Autograd works seamlessly with multi-dimensional tensors. For non-scalar outputs, you must reduce to a scalar before calling `.backward()`.

**Function:** y = 2x³ + 7

**Derivative:** dy/dx = 6x²

In [None]:
x = torch.tensor([[1.0, 2.0], 
                  [3.0, 4.0]], requires_grad=True)

y = 2 * x**3 + 7
print("y =")
print(y)

### Reducing to Scalar

Since `y` is a matrix, we sum it to get a scalar before backpropagation. This is equivalent to computing gradients for each element and summing them.

In [None]:
result = y.sum()
result.backward()

### Verify the Gradients

For y = 2x³ + 7, the derivative is dy/dx = 6x²

| x | Expected gradient (6x²) |
|---|------------------------|
| 1 | 6 × 1² = 6 |
| 2 | 6 × 2² = 24 |
| 3 | 6 × 3² = 54 |
| 4 | 6 × 4² = 96 |

In [None]:
print("Computed gradients:")
print(x.grad)
print("\nExpected: [[6, 24], [54, 96]]")

---
## 4. Chain Rule in Action

Autograd automatically applies the chain rule for composite functions. This is the foundation of backpropagation in neural networks.

**Example:** z = (x + y)² where x=2, y=3
- Let u = x + y = 5
- z = u² = 25
- ∂z/∂x = ∂z/∂u × ∂u/∂x = 2u × 1 = 2(5) = 10

In [None]:
x = torch.tensor(2.0, requires_grad=True)
y = torch.tensor(3.0, requires_grad=True)

u = x + y
z = u ** 2

z.backward()

print(f"z = {z.item()}")
print(f"∂z/∂x = {x.grad.item()}")  # Should be 10
print(f"∂z/∂y = {y.grad.item()}")  # Should be 10

---
## 5. Gradient Accumulation

**Important:** Gradients accumulate by default! You must zero them before each backward pass in training loops.

In [None]:
w = torch.tensor(1.0, requires_grad=True)

# First backward
loss1 = w * 2
loss1.backward()
print(f"After 1st backward: grad = {w.grad}")

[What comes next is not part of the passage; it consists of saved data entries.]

-- ===== src/Executor/Paths.antt =====
-- `_output_path_error`: where an executor may write, by the receipt of the workspace transaction.
use runtime_lab_core.Prelude.{
  String, Bool, true, false, not, Option, none, some, List, [], ◌∷◌, map, contains, Result, ok,
  raise, ◌>>=◌, ◌then_check◌, if◌then◌else◌,
}
use runtime_lab_core.Json.{Value, str, arr, obj, Fields, get, has, keys}
use runtime_lab_core.Json.Access.{texts_of}
use runtime_lab_core.PosixPath
use runtime_lab_core.Workspace.{normalize_path, has_traversal, within_any}

-- The characters of a text, each a text of its own.
abbrev characters : String → List String
characters String.[] = []
characters (String.◌∷◌ c s) = String.◌∷◌ c String.[] ∷ characters s

-- The texts in `for path in v`.
abbrev iterate : Value → Result (List String)
iterate (arr items) = ok (texts_of items)
iterate (obj d) = ok (keys d)
iterate (str s) = ok (characters s)
iterate _ = raise "TypeError"

-- `[path for path in receipt.get(k, []) if isinstance(path, str)]`
unfoldable pub listed_paths : String → Fields → Result (List String)
listed_paths k receipt = if has k receipt then iterate (get k receipt) else ok []

-- `if not test: return code`
abbrev pub pass : Bool → String → Result (Option String)
pass true error = ok none
pass false error = ok (some error)

-- The tests on the paths that the receipt lists.
unfoldable pub denied_error : String → Fields → Result (Option String)
denied_error output receipt = do
  denied ← listed_paths "denied_paths" receipt
  pass (not (contains (map normalize_path denied) output)) "EXECUTOR_DENIED_PATH_REJECTED"

unfoldable pub root_error : String → Fields → Result (Option String)
root_error output receipt = do
  roots ← listed_paths "allowed_roots" receipt
  pass (within_any output roots) "EXECUTOR_OUTPUT_PATH_OUTSIDE_WORKSPACE"

unfoldable pub requested_error : String → Fields → Result (Option String)
requested_error output receipt = do
  requested ← listed_paths "requested_paths" receipt
  pass (contains (map normalize_path requested) output)
      "EXECUTOR_WORKSPACE_TRANSACTION_RECEIPT_MISMATCH"

unfoldable pub output_path_error : String → Fields → Result (Option String)
output_path_error output_path receipt =
    if PosixPath.is_absolute (PosixPath.parse output_path)
    then ok (some "EXECUTOR_OUTPUT_PATH_ABSOLUTE_REJECTED")
    else if has_traversal output_path
    then ok (some "EXECUTOR_OUTPUT_PATH_TRAVERSAL_REJECTED")
    else (denied_error (normalize_path output_path) receipt
        then_check root_error (normalize_path output_path) receipt
        then_check requested_error (normalize_path output_path) receipt)
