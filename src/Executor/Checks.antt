-- ===== src/Executor/Checks.antt =====
-- The checks of `execute_write_text_artifact`, in their order. Each returns the codes of a rejection, or
-- none; the hash of an invalid descriptor raises. `Path.resolve` is a parameter.
use runtime_lab_core.Prelude.{
  String, Bool, true, false, ◌&&◌, not, Option, none, some, List, [], ◌∷◌, is_empty, Result, ok,
  ◌>>=◌, ◌then_check◌, if◌then◌else◌,
}
use runtime_lab_core.Json.{obj, Fields, get, is_str, is_text}
use runtime_lab_core.Json.Access.{has_any, is_mapping, get_in, text_or_empty, fields_of}
use runtime_lab_core.Json.Equality.{same_value}
use runtime_lab_core.PosixPath
use runtime_lab_core.Hash.{Host}
use runtime_lab_core.Descriptors.Validator.{TextTools}
use runtime_lab_core.Authority.Bindings.{task_id_of, compute_descriptor_payload_hash}
use runtime_lab_core.Authority.Verify.{Verification, verify_authority_packet}
use runtime_lab_core.Workspace.{verify_workspace_transaction_receipt}
use runtime_lab_core.ArtifactStore.Checks.{content_hash}
use runtime_lab_core.ArtifactStore.Store.{verify_artifact_receipt}
use runtime_lab_core.Executor.Paths.{output_path_error}

-- The outcome of a check: none, or the codes of the rejection.
abbrev pub Check : Type 0
Check = Result (Option (List String))

-- `if not test: return _reject(code)`
abbrev pub demand : Bool → String → Check
demand true code = ok none
demand false code = ok (some (code ∷ []))

abbrev forbidden_request_fields : List String
forbidden_request_fields =
    "shell_command" ∷ "subprocess" ∷ "command" ∷ "tool_call" ∷ "tool_invocation" ∷ "llm_call"
    ∷ "llm_invocation" ∷ "network_endpoint" ∷ "http_request" ∷ "socket" ∷ "replay_engine"
    ∷ "arbitrary_action" ∷ []

abbrev pub fields_at : String → Fields → Fields
fields_at k request = fields_of (get k request)

-- The code of an error, as a rejection.
abbrev pub reject_with : Option String → Option (List String)
reject_with none = none
reject_with (some code) = some (code ∷ [])

-- The tests on the request itself.
unfoldable pub request_check : Fields → Check
request_check request =
    demand (not (has_any forbidden_request_fields request)) "EXECUTOR_FORBIDDEN_FIELD"
    then_check demand (is_str (get "action" request) "write_text_artifact")
        "EXECUTOR_ACTION_NOT_ALLOWED"
    then_check demand (is_mapping (get "descriptor_payload" request)) "EXECUTOR_REQUEST_MALFORMED"

-- The codes of an authority packet that was rejected.
abbrev pub packet_rejection : Verification → Option (List String)
packet_rejection outcome =
    if outcome.accepted
    then none
    else if is_empty outcome.rejection_codes
    then some ("EXECUTOR_AUTHORITY_PACKET_REQUIRED" ∷ [])
    else some outcome.rejection_codes

module _ (h : Host) (tools : TextTools) where
  -- The tests on the descriptor and on its authority.
  unfoldable pub descriptor_check : Fields → Check
  descriptor_check request =
      let payload = fields_at "descriptor_payload" request in
      do
        hash ← compute_descriptor_payload_hash h tools payload
        demand (is_str (get "descriptor_hash" request) hash) "EXECUTOR_DESCRIPTOR_HASH_MISMATCH"
            then_check demand (is_str (get "task_id" request) (task_id_of payload))
                "EXECUTOR_REQUEST_MALFORMED"
            then_check demand (is_mapping (get "authority_packet" request))
                "EXECUTOR_AUTHORITY_PACKET_REQUIRED"

  unfoldable pub packet_check : Fields → Check
  packet_check request = do
    outcome ←
        verify_authority_packet h tools (obj (fields_at "authority_packet" request))
          (fields_at "descriptor_payload" request)
    ok (packet_rejection outcome)

module _ (h : Host) where
  -- The tests on the receipt of the workspace transaction, with `_workspace_receipt_mismatch`.
  unfoldable pub workspace_check : Fields → Check
  workspace_check request =
      let given = get "workspace_transaction_receipt" request in
      demand (is_mapping given) "EXECUTOR_WORKSPACE_TRANSACTION_RECEIPT_REQUIRED"
      then_check demand (verify_workspace_transaction_receipt h given)
          "EXECUTOR_WORKSPACE_TRANSACTION_RECEIPT_INVALID"
      then_check demand (same_value (get "task_id" request) (get_in "task_id" given))
          "EXECUTOR_WORKSPACE_TRANSACTION_RECEIPT_MISMATCH"
      then_check demand
          (same_value (get "descriptor_hash" request) (get_in "descriptor_hash" given))
          "EXECUTOR_WORKSPACE_TRANSACTION_RECEIPT_MISMATCH"
      then_check demand
          (same_value (get_in "authority_receipt_hash" given)
            (get_in "payload_hash" (get "authority_packet" request)))
          "EXECUTOR_WORKSPACE_TRANSACTION_RECEIPT_MISMATCH"

-- The three texts that a request needs, and where it may write.
unfoldable pub output_check : Fields → Check
output_check request =
    demand
      (is_text (get "output_path" request)
        && is_text (get "content" request)
        && is_text (get "workspace_root" request))
      "EXECUTOR_REQUEST_MALFORMED"
    then_check do
      error ←
          output_path_error (text_or_empty (get "output_path" request))
            (fields_at "workspace_transaction_receipt" request)
      ok (reject_with error)

-- `_artifact_receipt_mismatch`, of the two receipts
unfoldable pub artifact_receipt_matches : Fields → Fields → Fields → Bool
artifact_receipt_matches request artifact workspace =
    same_value (get "task_id" request) (get "task_id" artifact)
    && same_value (get "descriptor_hash" request) (get "descriptor_hash" artifact)
    && same_value (get "output_path" request) (get "artifact_name" artifact)
    && same_value (get "expected_content_hash" request) (get "content_hash" artifact)
    && same_value (get "workspace_transaction_receipt_hash" artifact)
        (get "transaction_hash" workspace)
    && same_value (get "authority_receipt_hash" artifact) (get "authority_receipt_hash" workspace)
    && is_str (get "artifact_type" artifact) "text_artifact"
    && is_str (get "media_type" artifact) "text/plain"

module _ (h : Host) where
  -- The tests on the receipt of the artifact.
  unfoldable pub artifact_check : Fields → Check
  artifact_check request =
      let given = get "artifact_receipt" request in
      demand (is_mapping given) "EXECUTOR_ARTIFACT_RECEIPT_REQUIRED"
      then_check demand (verify_artifact_receipt h given) "EXECUTOR_ARTIFACT_RECEIPT_INVALID"
      then_check demand
          (artifact_receipt_matches request (fields_at "artifact_receipt" request)
            (fields_at "workspace_transaction_receipt" request))
          "EXECUTOR_ARTIFACT_RECEIPT_MISMATCH"

  -- The test on the content.
  unfoldable pub content_check : Fields → Check
  content_check request =
      demand
        (is_text (get "expected_content_hash" request)
          && is_str (get "expected_content_hash" request)
              (content_hash h (text_or_empty (get "content" request))))
        "EXECUTOR_CONTENT_HASH_MISMATCH"

-- The `target` of the write.
abbrev pub target_of : Fields → String
target_of request =
    PosixPath.join (text_or_empty (get "workspace_root" request))
      (text_or_empty (get "output_path" request))

module _ (resolve : String → String) where
  -- The target lies below the root after links are followed.
  unfoldable pub place_check : Fields → Check
  place_check request =
      demand
        (PosixPath.is_relative_to (resolve (target_of request))
          (resolve (text_or_empty (get "workspace_root" request))))
        "EXECUTOR_OUTPUT_PATH_OUTSIDE_WORKSPACE"

module _ (h : Host) (tools : TextTools) (resolve : String → String) where
  -- All checks of a request.
  unfoldable pub checks : Fields → Check
  checks request =
      request_check request
      then_check descriptor_check h tools request
      then_check packet_check h tools request
      then_check workspace_check h request
      then_check output_check request
      then_check artifact_check h request
      then_check content_check h request
      then_check place_check resolve request
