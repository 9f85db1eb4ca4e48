-- ===== src/Router/Addresses.antt =====
-- The table of addresses: the laws of the map, and that distinct addresses have distinct keys.
use xchg.Base.{
  ℕ, ◌/◌, ◌%◌, ◌<◌, ◌≡◌, ◌≢◌, refl, inl, inr, some, List, [], ◌∷◌, arith, bytes_eq, bytes_eq→eq,
  bytes_eq_refl, All, Bool-cases,
}
use xchg.Bytes.{IsByte}
use xchg.Storage.{Storage}
use xchg.Router.{Addresses, hex_digit, hex_encode, lookup, insert}

pub lookup-insert_self :
    (key : List ℕ) (s : Storage) (m : Addresses) → lookup key (insert key s m) ≡ some s
unfolding lookup insert
lookup-insert_self key s [] = rw (bytes_eq_refl key)
lookup-insert_self key s ((k, t) ∷ m) = elim (Bool-cases (bytes_eq k key)) [
  | inl e ↦ rw (e, lookup, e)
  | inr e ↦ rw (e, lookup, e) (lookup-insert_self key s m)
]

pub lookup-insert_ne :
    (key key' : List ℕ) (s : Storage) (m : Addresses)
    → key ≢ key'
    → lookup key' (insert key s m) ≡ lookup key' m
unfolding lookup insert
lookup-insert_ne key key' s [] ne = ground (arith, bytes_eq→eq key key')
lookup-insert_ne key key' s ((k, t) ∷ m) ne =
    ground (arith, bytes_eq→eq k key, bytes_eq→eq k key', lookup-insert_ne key key' s m ne)

hex_digit-injective : (a b : ℕ) → a < 16 → b < 16 → hex_digit a ≡ hex_digit b → a ≡ b
unfolding hex_digit
hex_digit-injective a b ha hb e = ground arith

-- Distinct addresses have distinct keys.
pub hex_encode-injective :
    (xs ys : List ℕ) → All IsByte xs → All IsByte ys → hex_encode xs ≡ hex_encode ys → xs ≡ ys
unfolding hex_encode
hex_encode-injective [] [] hx hy e = refl
hex_encode-injective [] (y ∷ ys) hx hy e = cc
hex_encode-injective (x ∷ xs) [] hx hy e = cc
hex_encode-injective (x ∷ xs) (y ∷ ys) (bx, hx) (by, hy) e = ground (
  arith,
  hex_digit-injective (x / 16) (y / 16),
  hex_digit-injective (x % 16) (y % 16),
  hex_encode-injective xs ys hx hy,
)
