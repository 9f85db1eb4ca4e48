-- ===== src/Router/Routing.antt =====
-- Frames go to the storage of their address and to no other.
use xchg.Base.{
  ℕ, ◌+◌, ◌≤◌, ◌<◌, ◌≡◌, ◌≢◌, ap, ◌∙◌, sym, ◌⊎◌, inl, inr, Option, none, some, List, [], ◌∷◌, arith,
  ltb, bytes_eq, length, All, Bool-cases, le→not-ltb,
}
use xchg.Base.Words.{word_mod}
use xchg.Bytes.{IsByte, bytes_at}
use xchg.Storage.{Storage, put}
use xchg.Storage.Order.{Ids, Ids-weaken, new_storage-IsValid, put-IsValid, clear-IsValid}
use xchg.Storage.Order
use xchg.Router.{
  new_router, Router, Addresses, Slice, slice_bytes, Answer, hex_encode, lookup, insert, storage_of,
  put_to, put_frame, get_messages, live_addresses, th_clear_addresses,
}
use xchg.Router.Addresses.{lookup-insert_ne, hex_encode-injective}

-- Every storage of the table is valid for the ids below `hi`.
abbrev pub AllValid : ℕ → Addresses → Type 0
AllValid hi [] = Unit
AllValid hi ((k, s) ∷ m) = Order.IsValid hi s × AllValid hi m

Storage-weaken : (hi hi' : ℕ) (s : Storage) → hi ≤ hi' → Order.IsValid hi s → Order.IsValid hi' s
Storage-weaken hi hi' s h v = record {
  ids = Ids-weaken 0 0 s.messages hi hi' (omega arith) h v.ids;
  room = v.room;
}

AllValid-weaken : (hi hi' : ℕ) (m : Addresses) → hi ≤ hi' → AllValid hi m → AllValid hi' m
AllValid-weaken hi hi' [] h v = tt
AllValid-weaken hi hi' ((k, s) ∷ m) h (v, vs) =
    (Storage-weaken hi hi' s h v, AllValid-weaken hi hi' m h vs)

insert-AllValid :
    (hi : ℕ) (key : List ℕ) (s : Storage) (m : Addresses)
    → Order.IsValid hi s
    → AllValid hi m
    → AllValid hi (insert key s m)
unfolding insert
insert-AllValid hi key s [] v vs = (v, tt)
insert-AllValid hi key s ((k, t) ∷ m) v (w, vs) = elim (Bool-cases (bytes_eq k key)) [
  | inl e ↦ rw e (v, vs)
  | inr e ↦ rw e (w, insert-AllValid hi key s m v vs)
]

storage_of-IsValid :
    (hi : ℕ) (key : List ℕ) (m : Addresses) (now : ℕ)
    → AllValid hi m
    → Order.IsValid hi (storage_of key m now)
unfolding storage_of lookup
storage_of-IsValid hi key [] now vs = new_storage-IsValid hi now
storage_of-IsValid hi key ((k, s) ∷ m) now (v, vs) = elim (Bool-cases (bytes_eq k key)) [
  | inl e ↦ rw (e, storage_of, lookup) v
  | inr e ↦ rw (e, storage_of, lookup) (storage_of-IsValid hi key m now vs)
]

-- The ids of each storage rise, and are below the next one.
pub record IsValid (c : Router) : Type 0 where
  pub storages : AllValid c.next_id c.addresses

pub new_router-IsValid : (now : ℕ) → IsValid (new_router now)
unfolding new_router
new_router-IsValid now = record { storages = tt }

-- The destination that a frame names, and the address that a request is for.
abbrev pub dest_of : Slice → List ℕ
dest_of frame = bytes_at frame.array 64 32

abbrev pub requester : Slice → List ℕ
requester request = bytes_at request.array 16 32

pub put_frame_ok :
    (c : Router) (frame : Slice) (now : ℕ)
    → 96 ≤ length frame.array
    → put_frame c frame now ≡ some (put_to c (hex_encode (dest_of frame)) (slice_bytes frame) now)
unfolding put_frame
put_frame_ok c frame now h = rw (le→not-ltb (length frame.array) 96 h, put_frame)

-- `Put` panics exactly when the destination lies past the capacity. Otherwise it keeps the
-- invariant and takes the next id. (The counter of ids does not wrap.)
pub put_frame-IsValid :
    (c : Router) (frame : Slice) (now : ℕ)
    → IsValid c
    → c.next_id + 1 < word_mod
    → ((length frame.array < 96) × (put_frame c frame now ≡ none))
      ⊎ ((96 ≤ length frame.array)
          × (c' : Router) × (put_frame c frame now ≡ some c')
          × IsValid c'
          × (c'.next_id ≡ c.next_id + 1))
put_frame-IsValid c frame now v room = elim (Bool-cases (ltb (length frame.array) 96)) [
  | inl short ↦ inl (ground arith, unfold put_frame in rw (short, put_frame))
  | inr long ↦ inr (
    ground arith,
    put_to c (hex_encode (dest_of frame)) (slice_bytes frame) now,
    put_frame_ok c frame now (ground arith),
    record { storages = rw next (unfold put_to in stored) },
    next,
  )
]
  where
    next : (put_to c (hex_encode (dest_of frame)) (slice_bytes frame) now).next_id ≡ c.next_id + 1
    next = unfold put_to in omega arith

    key : List ℕ
    key = hex_encode (dest_of frame)

    stored : AllValid (c.next_id + 1) (
        insert key
          (put (storage_of key c.addresses now) c.next_id (slice_bytes frame) now)
          c.addresses)
    stored =
        insert-AllValid (c.next_id + 1) key _ c.addresses
          (put-IsValid c.next_id (storage_of key c.addresses now) c.next_id (slice_bytes frame) now
            (omega arith) (storage_of-IsValid c.next_id key c.addresses now v.storages))
          (AllValid-weaken c.next_id (c.next_id + 1) c.addresses (omega arith) v.storages)

-- What a requester is told.
abbrev pub told : Option (Answer × Router) → Option Answer
told none = none
told (some (a, c)) = some a

told-get_messages :
    (c c' : Router) (request : Slice)
    → lookup (hex_encode (requester request)) c.addresses
      ≡ lookup (hex_encode (requester request)) c'.addresses
    → told (get_messages c request) ≡ told (get_messages c' request)
unfolding get_messages
told-get_messages c c' request e = ground arith

-- A frame does not show to another address than its destination: a request for that address is
-- answered as it was before.
pub put_frame_isolated :
    (c c' : Router) (frame request : Slice) (now : ℕ)
    → put_frame c frame now ≡ some c'
    → All IsByte (dest_of frame)
    → All IsByte (requester request)
    → requester request ≢ dest_of frame
    → told (get_messages c' request) ≡ told (get_messages c request)
put_frame_isolated c c' frame request now e hd hr ne =
    told-get_messages c' c request
      (ap (lookup other) table ∙ lookup-insert_ne key other _ c.addresses apart)
  where
    key : List ℕ
    key = hex_encode (dest_of frame)

    other : List ℕ
    other = hex_encode (requester request)

    apart : key ≢ other
    apart q = ne (sym (hex_encode-injective (dest_of frame) (requester request) hd hr q))

    table :
        c'.addresses
        ≡ insert key
            (put (storage_of key c.addresses now) c.next_id (slice_bytes frame) now)
            c.addresses
    table = unfold put_frame put_to in ground arith

live_addresses-AllValid :
    (hi : ℕ) (m : Addresses) (now later : ℕ)
    → AllValid hi m
    → AllValid hi (live_addresses m now later)
unfolding live_addresses
live_addresses-AllValid hi [] now later vs = tt
live_addresses-AllValid hi ((k, s) ∷ m) now later (v, vs) =
    ground (arith, clear-IsValid hi s later v, live_addresses-AllValid hi m now later vs)

-- `thClearAddresses` keeps the invariant.
pub th_clear_addresses-IsValid :
    (c : Router) (now later : ℕ) → IsValid c → IsValid (th_clear_addresses c now later)
unfolding th_clear_addresses
th_clear_addresses-IsValid c now later v =
    ground (arith, live_addresses-AllValid c.next_id c.addresses now later v.storages)
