-- ===== src/HttpServer/Puts.antt =====
-- `processW` on the frames that a peer sends.
use xchg.Base.{
  ℕ, zero, suc, ◌+◌, ◌≤◌, ◌<◌, ◌≡◌, refl, sym, ap, ◌∙◌, some, List, [], ◌∷◌, ◌++◌, map, arith,
  length, take, All, length-take, take-nil, min,
}
use xchg.Bytes.{bytes_at}
use xchg.Transaction.{Frame, marshal}
use xchg.Transaction.Wire.{FitsWire, length-marshal, length_at, dest_at}
use xchg.Router.{Router, Slice, slice_bytes, hex_encode, put_to, put_frame, declare_http_request_w}
use xchg.Router.Routing.{dest_of, put_frame_ok}
use xchg.Framing.{finished, handle_all}
use xchg.Framing.Split.{IsFramed, end_to_end, frames_loop_splits}
use xchg.HttpServer.{process_w}

pub bytes_at-take : (s : List ℕ) (n o k : ℕ) → o + k ≤ n → bytes_at (take n s) o k ≡ bytes_at s o k
bytes_at-take [] n o k h = rw (take-nil {A = ℕ} n) refl
bytes_at-take (x ∷ s) zero zero zero h = refl
bytes_at-take (x ∷ s) zero zero (suc k) h = absurd (omega arith)
bytes_at-take (x ∷ s) zero (suc o) k h = absurd (omega arith)
bytes_at-take (x ∷ s) (suc n) zero zero h = refl
bytes_at-take (x ∷ s) (suc n) zero (suc k) h =
    ap (λ t. x ∷ t) (bytes_at-take s n zero k (omega arith))
bytes_at-take (x ∷ s) (suc n) (suc o) k h = bytes_at-take s n o k (omega arith)

-- Each frame, in order, goes to the storage of its destination.
unfoldable pub put_frames : Router → List Frame → ℕ → Router
put_frames c [] now = c
put_frames c (f ∷ fs) now = put_frames (put_to c (hex_encode f.dest_address) (marshal f) now) fs now

marshal-IsFramed : (f : Frame) → FitsWire f → IsFramed (marshal f)
marshal-IsFramed f w = record {
  long = omega (arith, length-marshal f);
  own_length = length_at f w ∙ sym (length-marshal f);
}

pub All-IsFramed : (fs : List Frame) → All FitsWire fs → All IsFramed (map marshal fs)
All-IsFramed [] a = tt
All-IsFramed (f ∷ fs) (w, a) = (marshal-IsFramed f w, All-IsFramed fs a)

put_marshalled :
    (c : Router) (s : Slice) (f : Frame) (now : ℕ)
    → FitsWire f
    → slice_bytes s ≡ marshal f
    → put_frame c s now ≡ some (put_to c (hex_encode f.dest_address) (marshal f) now)
put_marshalled c s f now w e =
    let size : min s.len (length s.array) ≡ length (marshal f) =
      sym (length-take s.len s.array) ∙ ap length e in
    let dest : dest_of s ≡ f.dest_address =
      sym (bytes_at-take s.array s.len 64 32 (omega (arith, size, length-marshal f)))
      ∙ ap (λ t. bytes_at t 64 32) e
      ∙ dest_at f w in
    put_frame_ok c s now (omega (arith, size, length-marshal f))
    ∙ ap (λ d. some (put_to c (hex_encode d) (slice_bytes s) now)) dest
    ∙ ap (λ b. some (put_to c (hex_encode f.dest_address) b now)) e

handle_marshalled :
    (sl : List Slice) (fs : List Frame) (c : Router) (now : ℕ)
    → All FitsWire fs
    → map slice_bytes sl ≡ map marshal fs
    → handle_all (λ c s. put_frame c s now) c sl ≡ finished (put_frames c fs now)
unfolding handle_all put_frames
handle_marshalled [] [] c now a e = refl
handle_marshalled [] (f ∷ fs) c now a e = cc e
handle_marshalled (s ∷ sl) [] c now a e = cc e
handle_marshalled (s ∷ sl) (f ∷ fs) c now (w, a) e =
    rw (put_marshalled c s f now w (cc e), handle_all)
      (handle_marshalled sl fs (put_to c (hex_encode f.dest_address) (marshal f) now) now a (cc e))

-- A request of `processW` that holds marshalled frames end to end, in a slice that may have more
-- capacity, with fuel for each: the loop ends, nothing panics, the request is counted, and each
-- frame, in order, is put to the storage of its destination.
pub process_w_puts :
    (fs : List Frame) (spare : List ℕ) (fuel : ℕ) (c : Router) (now : ℕ)
    → All FitsWire fs
    → length (map marshal fs) < fuel
    → process_w fuel c
        (some (record {
          array = end_to_end (map marshal fs) ++ spare;
          len = length (end_to_end (map marshal fs));
        }))
        now
      ≡ finished (put_frames (declare_http_request_w c) fs now)
unfolding process_w
process_w_puts fs spare fuel c now a few =
    let body : Slice = record {
      array = end_to_end (map marshal fs) ++ spare;
      len = length (end_to_end (map marshal fs));
    } in
    let (sl, e, run) =
      frames_loop_splits (λ c s. put_frame c s now) (map marshal fs) fuel (declare_http_request_w c)
        body 0 spare (All-IsFramed fs a) few refl (omega arith) in
    run ∙ handle_marshalled sl fs (declare_http_request_w c) now a e
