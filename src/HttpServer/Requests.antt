-- ===== src/HttpServer/Requests.antt =====
-- router/http_server.go: `ServeHTTP` with its handlers. The headers, and the text that is written
-- when a form cannot be read, are left out.
use xchg.Base.{ℕ, Bool, Option, none, some, List, [], ◌&&◌, not, bytes_eq, if◌then◌else◌}
use xchg.Texts.{codes}
use xchg.Router.{
  Router, Slice, Answer, answer, wrong_frame_size, declare_http_request_d, declare_http_request_s,
  declare_http_request_f,
}
use xchg.Router.Reports.{Report}
use xchg.Framing.{Run, finished, panicked, running}
use xchg.HttpServer.{process_w, process_r, Route, route, options, debug, stat, wrong_request}

-- base64.StdEncoding: `EncodeToString` and `DecodeString`, whose slice may have some capacity left.
pub record Base64 : Type 0 where
  pub encode_to_string : List ℕ → List ℕ
  pub decode_string : List ℕ → Option Slice

-- What a handler reads of a request: `form_ok` says whether `ParseMultipartForm` succeeds, and `d`
-- is the value of the field "d".
pub record Request : Type 0 where
  pub method : List ℕ
  pub request_uri : List ℕ
  pub form_ok : Bool
  pub d : List ℕ

-- The data of `processW` and `processR`.
unfoldable pub form_data : Base64 → Request → Option Slice
form_data b q =
    if bytes_eq q.method (codes "POST") && not q.form_ok then none else b.decode_string q.d

-- What `processR` writes.
unfoldable pub written : Base64 → Option Answer → List ℕ
written b none = []
written b (some wrong_frame_size) = []
written b (some (answer bytes n)) = b.encode_to_string bytes

-- `processDebug` and `processStat`.
unfoldable pub process_debug : Router → Report → List ℕ × Router
process_debug c report = (report.last_debug_info, declare_http_request_d c)

unfoldable pub process_stat : Router → Report → List ℕ × Router
process_stat c report = (report.last_stat_info, declare_http_request_s c)

after_w : Run Router → Run (List ℕ × Router)
after_w (finished c) = finished ([], c)
after_w panicked = panicked
after_w (running c) = running ([], c)

after_r : Base64 → Option (Option Answer × Router) → Run (List ℕ × Router)
after_r b none = panicked
after_r b (some (a, c)) = finished (written b a, c)

-- `ServeHTTP`: the body of the response and the router. `others` is what other requests do while
-- `processR` waits.
unfoldable pub serve_http :
    Base64 → ℕ → ℕ → List (Router → Router) → Report → Router → Request → Run (List ℕ × Router)
unfolding form_data after_w after_r process_debug process_stat
serve_http b fuel now others report c q = elim (route q.method q.request_uri) [
  | options ↦ finished ([], c)
  | Route.w ↦ after_w (process_w fuel c (form_data b q) now)
  | Route.r ↦ after_r b (process_r c (form_data b q) others)
  | debug ↦ finished (process_debug c report)
  | stat ↦ finished (process_stat c report)
  | wrong_request ↦ finished (codes "wrong request", declare_http_request_f c)
]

# Second backward - gradients ACCUMULATE!
loss2 = w * 3
loss2.backward()
print(f"After 2nd backward: grad = {w.grad} (accumulated: 2 + 3 = 5)")

### Zeroing Gradients

In training loops, always zero gradients before each iteration:

In [None]:
w = torch.tensor(1.0, requires_grad=True)

for i in range(3):
    # Zero gradients first!
    if w.grad is not None:
        w.grad.zero_()
    
    loss = w * (i + 1)
    loss.backward()
    print(f"Iteration {i}: loss = {loss.item()}, grad = {w.grad.item()}")

---
## 6. Detaching Tensors

Use `.detach()` to create a tensor that shares data but doesn't track gradients. Useful for:
- Freezing parts of a model
- Using tensor values without affecting the computation graph

In [None]:
x = torch.tensor(3.0, requires_grad=True)
y = x ** 2

# Detach y from the graph
y_detached = y.detach()

print(f"y requires_grad: {y.requires_grad}")
print(f"y_detached requires_grad: {y_detached.requires_grad}")
print(f"Same values: {y.item()} == {y_detached.item()}")

---
## Summary

| Concept | Code | Purpose |
|---------|------|--------|
| Enable gradients | `requires_grad=True` | Track operations for backprop |
| Compute gradients | `.backward()` | Run backpropagation |
| Access gradients | `.grad` | Get computed derivatives |
| Disable tracking | `torch.no_grad()` | Inference/evaluation mode |
| Zero gradients | `.grad.zero_()` | Reset before each training step |
| Detach tensor | `.detach()` | Remove from computation graph |

**Key insight:** Autograd transforms the tedious manual calculus of backpropagation into a single `.backward()` call!